We can also visualize how complexity of board games has evolved over time.
boardgames_numeric$Decade <- cut(boardgames_numeric$Year_Published,
breaks = seq(1950, 2020, by = 10),
labels = c("1950s", "1960s", "1970s", "1980s", "1990s", "2000s", "2010s"),
include.lowest = TRUE)
ggplot(boardgames_numeric, aes(x = Decade, y = Complexity.Average, fill = Decade)) +
geom_boxplot(outlier.shape = NA) +
geom_jitter(alpha = 0.2, width = 0.2, color = "black") +
theme_minimal() +
labs(title = "Board Game Complexity Over Time",
x = "Decade",
y = "Complexity (Average)") +
theme(legend.position = "none") 
This visualization shows that the complexity of boardgames has generally growed over time, with recent games showing wider complexity range. This trend aligns with the growing interest in strategic gameplay mechanics in modern board game design.
For the final part of this paper, I’ve created a linear model, to understand how the principal components influence the game popularity, measured by users rating.
regression_data <- cbind(boardgames_numeric$Users.Rated, pca_selected)
colnames(regression_data)[1] <- "Users.Rated"
lm_model <- lm(Users.Rated ~ ., data = regression_data)
summary(lm_model)##
## Call:
## lm(formula = Users.Rated ~ ., data = regression_data)
##
## Residuals:
## Min 1Q Median 3Q Max
## -0.72016 -0.04695 -0.01191 0.04520 1.32369
##
## Coefficients:
## Estimate Std. Error t value Pr(>|t|)
## (Intercept) -7.311e+01 1.581e+00 -46.251 < 2e-16 ***
## PC1 6.964e-03 1.476e-03 4.718 2.48e-06 ***
## PC2 -6.754e-01 1.677e-03 -402.794 < 2e-16 ***
## PC3 1.737e+00 1.541e-02 112.718 < 2e-16 ***
## PC4 -8.626e-01 1.976e-03 -436.473 < 2e-16 ***
## PC5 -1.019e+00 6.035e-03 -168.761 < 2e-16 ***
## PC6 4.401e-02 4.873e-03 9.030 < 2e-16 ***
## Year_Published 3.899e-02 8.037e-04 48.516 < 2e-16 ***
## Decade1960s -9.277e-02 3.768e-02 -2.462 0.01388 *
## Decade1970s -1.018e-01 3.661e-02 -2.782 0.00543 **
## Decade1980s -1.163e-01 3.944e-02 -2.949 0.00321 **
## Decade1990s -1.253e-01 4.319e-02 -2.902 0.00373 **
## Decade2000s -1.337e-01 4.788e-02 -2.792 0.00526 **
## Decade2010s -1.174e-01 5.239e-02 -2.242 0.02505 *
## ---
## Signif. codes: 0 '***' 0.001 '**' 0.01 '*' 0.05 '.' 0.1 ' ' 1
##
## Residual standard error: 0.1104 on 3481 degrees of freedom
## (31 obserwacji zostało skasowanych z uwagi na braki w nich zawarte)

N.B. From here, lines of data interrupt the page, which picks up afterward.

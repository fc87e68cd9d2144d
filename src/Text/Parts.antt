-- ===== src/Text/Parts.antt =====
-- Splitting at every separator, and joining.
use fq_client_go.Common.{
  ℕ, List, [], ◌∷◌, ◌++◌, ◌≡◌, ◌≢◌, refl, ap, arith, Bytes, Lacks, All, ◌==◌, ==_refl, inl, inr,
  Bool-cases, ◌∙◌,
}
use fq_client_go.Text.{prepend, split, join}

prepend-ne-nil : (c : ℕ) (ps : List Bytes) → ps ≢ [] → prepend c ps ≢ []
unfolding prepend
prepend-ne-nil c [] h = h
prepend-ne-nil c (p ∷ ps) h = λ e. cc

module _ (sep : ℕ) where
  pub split-ne-nil : (s : Bytes) → split s sep ≢ []
  unfolding split
  split-ne-nil [] = λ e. cc
  split-ne-nil (c ∷ s) = elim (Bool-cases (c == sep)) [
    | inl e ↦ rw e (λ n. cc)
    | inr e ↦ rw e (prepend-ne-nil c (split s sep) (split-ne-nil s))
  ]

  -- A part without separators, and what follows it.
  pub split-append : (p r : Bytes) → Lacks sep p → split (p ++ sep ∷ r) sep ≡ p ∷ split r sep
  unfolding split
  split-append [] r h = rw (==_refl sep)
  split-append (c ∷ p) r h = ground (arith, split-append p r h.1)

  pub split-Lacks : (p : Bytes) → Lacks sep p → split p sep ≡ p ∷ []
  unfolding split
  split-Lacks [] h = refl
  split-Lacks (c ∷ p) h = ground (arith, split-Lacks p h.1)

  -- Splitting undoes joining, if there is a part and none holds the separator.
  pub split-join : (ps : List Bytes) → ps ≢ [] → All (Lacks sep) ps → split (join ps sep) sep ≡ ps
  unfolding join
  split-join [] n h = absurd (n refl)
  split-join (p ∷ []) n h = split-Lacks p h.0
  split-join (p ∷ q ∷ ps) n h =
      split-append p (join (q ∷ ps) sep) h.0 ∙ ap (◌∷◌ p) (split-join (q ∷ ps) (λ e. cc) h.1)

  join-prepend : (c : ℕ) (ps : List Bytes) → ps ≢ [] → join (prepend c ps) sep ≡ c ∷ join ps sep
  unfolding join prepend
  join-prepend c [] n = absurd (n refl)
  join-prepend c (p ∷ []) n = refl
  join-prepend c (p ∷ q ∷ ps) n = refl

  join-nil : (ps : List Bytes) → ps ≢ [] → join ([] ∷ ps) sep ≡ sep ∷ join ps sep
  unfolding join
  join-nil [] n = absurd (n refl)
  join-nil (p ∷ ps) n = refl

  -- Joining undoes splitting, for every text.
  pub join-split : (s : Bytes) → join (split s sep) sep ≡ s
  unfolding split
  join-split [] = unfold join in refl
  join-split (c ∷ s) = elim (Bool-cases (c == sep)) [
    | inl e ↦ rw (e, join-nil (split s sep) (split-ne-nil s), join-split s) (ground arith)
    | inr e ↦ rw (e, join-prepend c (split s sep) (split-ne-nil s), join-split s) refl
  ]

## Multiple R-squared: 0.9918, Adjusted R-squared: 0.9918
## F-statistic: 3.254e+04 on 13 and 3481 DF, p-value: < 2.2e-16Insights from the model:
PC1 (Complexity and Quality) is positively correlated with popularity, meaning games with higher complexity ten to be rated more
PC2 (Players) is negatively correlated, meaning the more players the game requires, the less ratings it will get
Decades - older games tend to have less ratings than newer games
Conclusion
This paper helped to reveal that boardgame popularity is influenced by a mix of complexity, quality, time trends and number of players. More recent games, especially those with higher complexity and quality, receive significantly more ratings. Number of players is an important factor in whether the game will become popular or not. It shows that popularity is driven by both game feature and external factors like market trends and community enagegement.